Stored data entries
···

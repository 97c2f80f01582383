-- ===== src/Sql/Chars.antt =====
-- The characters that src/core/sql_utils.cpp looks for, by their codes.
use openivm.Base.{ℕ, [], ◌∷◌, Bytes, ◌==◌, if◌then◌else◌}

abbrev pub quote : ℕ
quote = 39

abbrev pub double_quote : ℕ
double_quote = 34

abbrev pub backslash : ℕ
backslash = 92

abbrev pub newline : ℕ
newline = 10

abbrev pub letter_n : ℕ
letter_n = 110

-- `SqlUtils::EscapeSingleQuotes`
unfoldable pub escape_single_quotes : Bytes → Bytes
escape_single_quotes [] = []
escape_single_quotes (c ∷ s) =
    let rest = escape_single_quotes s in if c == quote then quote ∷ quote ∷ rest else c ∷ rest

···

WHAT YOU ARE ASKED TO DO
Set aside each line above that includes the string "abbrev" and report it.

WRITTEN REPLY
abbrev pub quote : ℕ
abbrev pub double_quote : ℕ
abbrev pub backslash : ℕ
abbrev pub newline : ℕ
abbrev pub letter_n : ℕ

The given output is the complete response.